If you want something a little different, use 0 for the persist. That way whenever the user closes the browser (all windows and tabs of it), the cookie will be deleted. This is known as session only. However, to test that after having set the 24 hour cookie, you will first have to clear the cookie as described above.

jimlongo
03-04-2010, 03:52 PM
Thanks that's becoming clearer to me.

So then for each viewer the view will be different. And that view will change for them when they view the page more than 24 hours in the future. Is that right?

For the sake of argument is there a method where one could have a global view, that is it looks the same for everyone today, and changes to a different global view tomorrow?

jim

jscheuer1
03-04-2010, 05:37 PM
That's right.

To make the view global, you would have to abandon random, at least as far as javascript goes. Things could be shuffled around and how they would be shuffled could be date dependent, but either an algorithm would have to be established, perhaps on the basis of the day of the year (0 to 364 most years), or a set of various possible combinations, one for each day of the week set up so that the user's could all order the content the same way on a given day. No cookie would be required though, and that's a good thing. As with the current scheme, if the user doesn't have javascript, they see the order 'as is' on the page.

However, if one were to use PHP or another server side language, one could randomly sort once every 24hrs or whatever period you liked and all users would see the same thing each time, even if they didn't have javascript enabled.

Either way it would take me a bit of time to figure it out. The timezone to be used for when things should change would be important. If on the server side, the server's zone could be used or converted to the desired zone, if on the client (javascript) side we would have to convert the user's time to UT then back to the desired zone. It would be difficult to have an already loaded page update if the trigger time passed while a user was viewing it. In javascript we could have a poll, in PHP I'm not sure if it could be done without some sort of background process on the server, if even that would work, but we could use a javascript poll for just that part of it.

In fact, various mixtures of server side and client side code could be used.

Unless this is crucial for some reason, it would be far easier to go with what we've already got. And if it truly is crucial, a server side method would be best.
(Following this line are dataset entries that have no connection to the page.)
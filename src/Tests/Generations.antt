-- ===== src/Tests/Generations.antt =====
-- Publishing generations: one of order 4 is on the disk.
use opatchy.Base.{
  All, In, List, String, [], ap, bool_eq, err, if◌then◌else◌, is_some, is_unique, list_eq, map,
  nat_eq, none, ok, option_eq, refl, some, sort_texts, string_eq, true, ℕ, ℤ, ◌==◌, ◌∷◌, ◌≡◌,
}
use opatchy.Files.Cached.{inventory_of_source, inventory_of_source-with_response}
use opatchy.Files.Caches.{load_inventory, with_response}
use opatchy.Files.Disk.{Disk, Environment}
use opatchy.Files.Inventories.{IsRead, load_inventory-IsRead}
use opatchy.Files.Loads.{load_generation-accepted}
use opatchy.Files.Operations.{commit_generation, publish}
use opatchy.Files.Published.{IsCommitted, commit_generation-IsCommitted}
use opatchy.Files.States.{load_generation, write_encoded, write_generation}
use opatchy.Models.{
  GenerationBundle, InventoryResponse, ItemSource, Provenance, Response, ScanState,
  SnapshotResponse, SourceHealth, SourceName, SourceStatus, arch_status_eq, condition_eq,
  empty_state, item_source_eq, provenance_eq, severity_eq, source_name_eq, source_scope_eq,
  source_status_eq, watch_eq, watch_mode_eq,
}
use opatchy.Storage.Accepted.{validate_bundle_lem}
use opatchy.Storage.Bundles.{decode_generation, encode_generation, validate_bundle}
use opatchy.Storage.Documents.States.{state_value}
use opatchy.Storage.Generations.{
  Base64, StorageError, key_texts, last_good_key_names, sources_of_inventories,
}
use opatchy.Storage.State.{validate_state}
use opatchy.Validation.{
  all_sources, validate_bounded, validate_groups, validate_inventory, validate_inventory_source,
  validate_items, validate_metadata, validate_nonnegative, validate_response, validate_snapshot,
  validate_source, validate_sources,
}
use opatchy.Wire.Json.{JsonItems, JsonValue, array_of, get_field, normalize_below, record_of}
use opatchy.Wire.Protocol.{DecodeError, JsonText}
use opatchy.Wire.Responses.{read_payload}
use opatchy.Wire.Timestamps.{Calendar, code_at, ends_with_z, without_last}
use opatchy.Wire.Values.{envelope_of}

abbrev new_year : String
new_year = "2026-01-01T00:00:00.000000+00:00"

abbrev calendar : Calendar
calendar = record {
  isoformat = λ moment. new_year;
  fromisoformat = λ raw. if raw == new_year then some 7 else none;
}

abbrev health : SourceName → SourceHealth
health source = record {
  source = source;
  status = SourceStatus.ok;
  provenance = Provenance.live;
  observed_at = 7;
  fresh_until = 7;
  cause = none;
  scopes = [];
}

abbrev quiet : SnapshotResponse
quiet = record {
  generated_at = 7;
  generation_id = "generation-4";
  payload = record {
    scan_state = ScanState.complete;
    sources = map health all_sources;
    summary = record {
      total_updates = ℤ.pos 0;
      watched_updates = ℤ.pos 0;
      security_findings = ℤ.pos 0;
      degraded_sources = ℤ.pos 0;
    };
    items = [];
    findings = [];
    notifications = [];
  };
  protocol_version = ℤ.pos 1;
}

abbrev arch_packages : InventoryResponse
arch_packages = record {
  generated_at = 7;
  generation_id = "generation-4";
  payload = record { source = ItemSource.arch; total = ℤ.pos 0; items = [] };
  protocol_version = ℤ.pos 1;
}

abbrev generation : ℕ → GenerationBundle
generation order = record {
  order = order;
  snapshot = quiet;
  inventories = [];
  state = empty_state;
  last_good = quiet;
  last_good_keys = "arch" ∷ [];
}

-- the document of a generation of order 4
abbrev document : JsonValue
document = record_of (
    ("inventories", JsonValue.array JsonItems.empty)
    ∷ ("lastGood", JsonValue.text "S")
    ∷ ("lastGoodKeys", array_of JsonValue.text ("arch" ∷ []))
    ∷ ("order", JsonValue.integer (ℤ.pos 4))
    ∷ ("schemaVersion", JsonValue.integer (ℤ.pos 1))
    ∷ ("snapshot", JsonValue.text "S")
    ∷ ("state", JsonValue.text "W")
    ∷ [])

abbrev text_kind : JsonValue → String
text_kind (JsonValue.object fields) =
    if is_some (get_field "kind" fields)
    then "s"
    else if is_some (get_field "order" fields)
    then "g"
    else "w"
text_kind value = ""

-- a library that knows the texts of the generation, of its snapshot and of its state
abbrev json : JsonText
json = record {
  dumps = text_kind;
  loads = λ on_object on_constant text.
      if text == "s\n"
      then some (ok (envelope_of calendar (Response.snapshot_response quiet)))
      else if text == "g\n"
      then some (ok document)
      else some (ok (state_value calendar empty_state));
  encode = λ text.
      if text == "s"
      then some (b's' ∷ [])
      else if text == "g"
      then some (b'g' ∷ [])
      else some (b'w' ∷ []);
}

abbrev base64 : Base64
base64 = record {
  b64encode = λ raw. if raw == b's' ∷ b'\n' ∷ [] then "S" else "W";
  b64decode = λ text. if text == "S" then some (b's' ∷ b'\n' ∷ []) else some (b'w' ∷ b'\n' ∷ []);
}

abbrev env : Environment
env = record { json = json; base64 = base64; calendar = calendar; clock = λ n. n }

abbrev stored : List ℕ
stored = b'g' ∷ b'\n' ∷ []

abbrev disk : Disk
disk = record {
  state_file = none;
  generation_file = some stored;
  snapshot_file = none;
  inventory_file = λ source. none;
  quarantined = [];
  readings = 0;
}

stored-decoded : decode_generation json base64 calendar stored ≡ ok (generation 4)
unfolding decode_generation normalize_below code_at ends_with_z without_last read_payload
    validate_metadata validate_bounded validate_snapshot validate_sources validate_source
    validate_items validate_groups validate_nonnegative key_texts
stored-decoded = refl

disk-loaded : load_generation env disk ≡ (ok (some (generation 4)), disk)
unfolding load_generation normalize_below code_at ends_with_z without_last read_payload
    validate_metadata validate_bounded validate_snapshot validate_sources validate_source
    validate_items validate_groups validate_nonnegative key_texts
disk-loaded = refl

load_generation-accepted_example : validate_bundle json base64 calendar (generation 4) ≡ ok tt
load_generation-accepted_example =
    load_generation-accepted env disk (generation 4) (ap (λ r. r.0) disk-loaded)

validate_bundle_lem_example :
    (validate_response (Response.snapshot_response quiet) ≡ ok tt)
    × (validate_response (Response.snapshot_response quiet) ≡ ok tt)
    × (validate_state empty_state ≡ ok tt)
    × (is_unique (sources_of_inventories []) ≡ true)
    × (sources_of_inventories [] ≡ sort_texts (sources_of_inventories []))
    × All (λ r. validate_response (Response.inventory_response r) ≡ ok tt) []
    × (is_unique {A = String} ("arch" ∷ []) ≡ true)
    × All (λ key. In key last_good_key_names) ("arch" ∷ [])
validate_bundle_lem_example =
    validate_bundle_lem json calendar base64 (generation 4) load_generation-accepted_example

next-encoded : encode_generation json base64 calendar (generation 5) 0 ≡ ok stored
unfolding encode_generation validate_metadata validate_bounded validate_snapshot validate_sources
    validate_source validate_items validate_groups validate_nonnegative
next-encoded = refl

next-published : (commit_generation env (generation 5) disk).0 ≡ ok true
unfolding commit_generation publish write_generation write_encoded
next-published = rw (disk-loaded, next-encoded) refl

commit_generation-IsCommitted_example :
    IsCommitted env (generation 5) disk (commit_generation env (generation 5) disk)
commit_generation-IsCommitted_example = commit_generation-IsCommitted env (generation 5) disk

inventory_of_source-with_response_example :
    inventory_of_source ItemSource.arch (with_response arch_packages []) ≡ some arch_packages
inventory_of_source-with_response_example =
    inventory_of_source-with_response ItemSource.arch arch_packages []

-- a library that reads the inventory of Arch
abbrev packages_env : Environment
packages_env = record env {
  json = record json {
    loads = λ on_object on_constant text.
        some (ok (envelope_of calendar (Response.inventory_response arch_packages)));
  };
}

abbrev packages_disk : Disk
packages_disk = record disk { inventory_file = λ source. some stored }

packages-read :
    load_inventory packages_env ItemSource.arch packages_disk
    ≡ (ok (some arch_packages), packages_disk)
unfolding load_inventory normalize_below code_at ends_with_z without_last read_payload
    validate_metadata validate_bounded validate_items validate_nonnegative envelope_of
    validate_inventory validate_inventory_source
packages-read = refl

load_inventory-IsRead_example :
    IsRead ItemSource.arch packages_disk (load_inventory packages_env ItemSource.arch packages_disk)
load_inventory-IsRead_example = load_inventory-IsRead packages_env ItemSource.arch packages_disk

-- a library that finds an integer of too many digits
abbrev digits_env : Environment
digits_env = record env {
  json = record json { loads = λ on_object on_constant text. some (err DecodeError.value_error) };
}

digits-raised :
    load_inventory digits_env ItemSource.arch packages_disk
    ≡ (err StorageError.value_error, packages_disk)
unfolding load_inventory
digits-raised = refl
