-- ===== src/Validation/Generations.antt =====
-- The inventories that a scan builds pass the validation of responses.
use opatchy.Base.{
  >>=-eq-ok, Bool, In, List, String, [], any, arith, false, filter, is_unique, map, not, ok, refl,
  string_eq, true, ℕ, ℤ, ◌==◌, ◌∷◌, ◌≡◌,
}
use opatchy.Base.Members.{In-map}
use opatchy.Base.Unique.{Sub-map-filter, contains-In, is_unique-Sub}
use opatchy.Models.{
  Datetime, ErrorCode, InventoryResponse, ItemSource, NormalizedItem, Response, item_source_eq,
}
use opatchy.Scan.Assembly.{inventories, inventory_of, inventory_sources}
use opatchy.Storage.Durable.{each-filter, refuse-ok}
use opatchy.Validation.Fields.{
  fail_if, validate_identifier, validate_metadata, validate_nonnegative, validate_version,
}
use opatchy.Validation.Responses.{
  total_below, validate_inventory, validate_inventory_source, validate_response,
}
use opatchy.Validation.Snapshot.{validate_item, validate_items}

listed_source :
    (source : ItemSource) → In source inventory_sources → validate_inventory_source source ≡ ok tt
unfolding validate_inventory_source
listed_source ItemSource.arch m = refl
listed_source ItemSource.aur m = refl
listed_source ItemSource.flatpak m = refl
listed_source ItemSource.mise m = refl
listed_source ItemSource.omarchy m = absurd (cc (contains-In m))

enough : (n : ℕ) → total_below (ℤ.pos n) n ≡ false
enough n = ground arith

of_source :
    (source : ItemSource) (items : List NormalizedItem)
    → any (λ item. not (item.source == source)) (filter (λ item. item.source == source) items)
      ≡ false
of_source source [] = refl
of_source source (item ∷ items) = ground (arith, of_source source items)

validate_items-filter :
    (p : NormalizedItem → Bool) (items : List NormalizedItem)
    → validate_items items ≡ ok tt
    → validate_items (filter p items) ≡ ok tt
unfolding validate_items
validate_items-filter p items h =
    let (_, once, each_valid) =
      >>=-eq-ok
        (fail_if (not (is_unique (map (λ item. item.item_id) items))) ErrorCode.duplicate_item_id
          "item IDs must be unique")
        _ h in
    let free : is_unique (map (λ item. item.item_id) items) ≡ true =
      ground (arith, refuse-ok _ _ once) in
    rw (is_unique-Sub (Sub-map-filter (λ item. item.item_id) p items) free)
      (each-filter validate_item p items each_valid)

-- When the items of a scan are valid and its identifier is a bounded text, each of its inventories
-- is a valid response.
pub inventories-validate_response :
    (generated_at : Datetime) (generation_id : String) (items : List NormalizedItem)
    (inventory : InventoryResponse)
    → validate_items items ≡ ok tt
    → validate_identifier generation_id "generationId" ≡ ok tt
    → In inventory (inventories generated_at generation_id items)
    → validate_response (Response.inventory_response inventory) ≡ ok tt
unfolding inventories inventory_of validate_response validate_metadata validate_version
    validate_inventory validate_nonnegative
inventories-validate_response generated_at generation_id items inventory h k m =
    let (source, i, same) =
      In-map (inventory_of generated_at generation_id items) inventory_sources m in
    rw same (
      rw (k, listed_source source i, enough)
        (rw (validate_items-filter (λ item. item.source == source) items h, of_source source items)
          refl))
Anything that relies upon javascript will not work for users who have it disabled or unavailable, and anything that relies upon the user's clock in any way other than relativistically (as our current code does, but that this could not) would be subject to inaccuracies if the user's clock were set incorrectly.

jimlongo
03-04-2010, 05:58 PM
I think I see the possibilities. Let me see how this works out for now. Thanks for all your help up to his point, I'll check back in when i have some more feedback.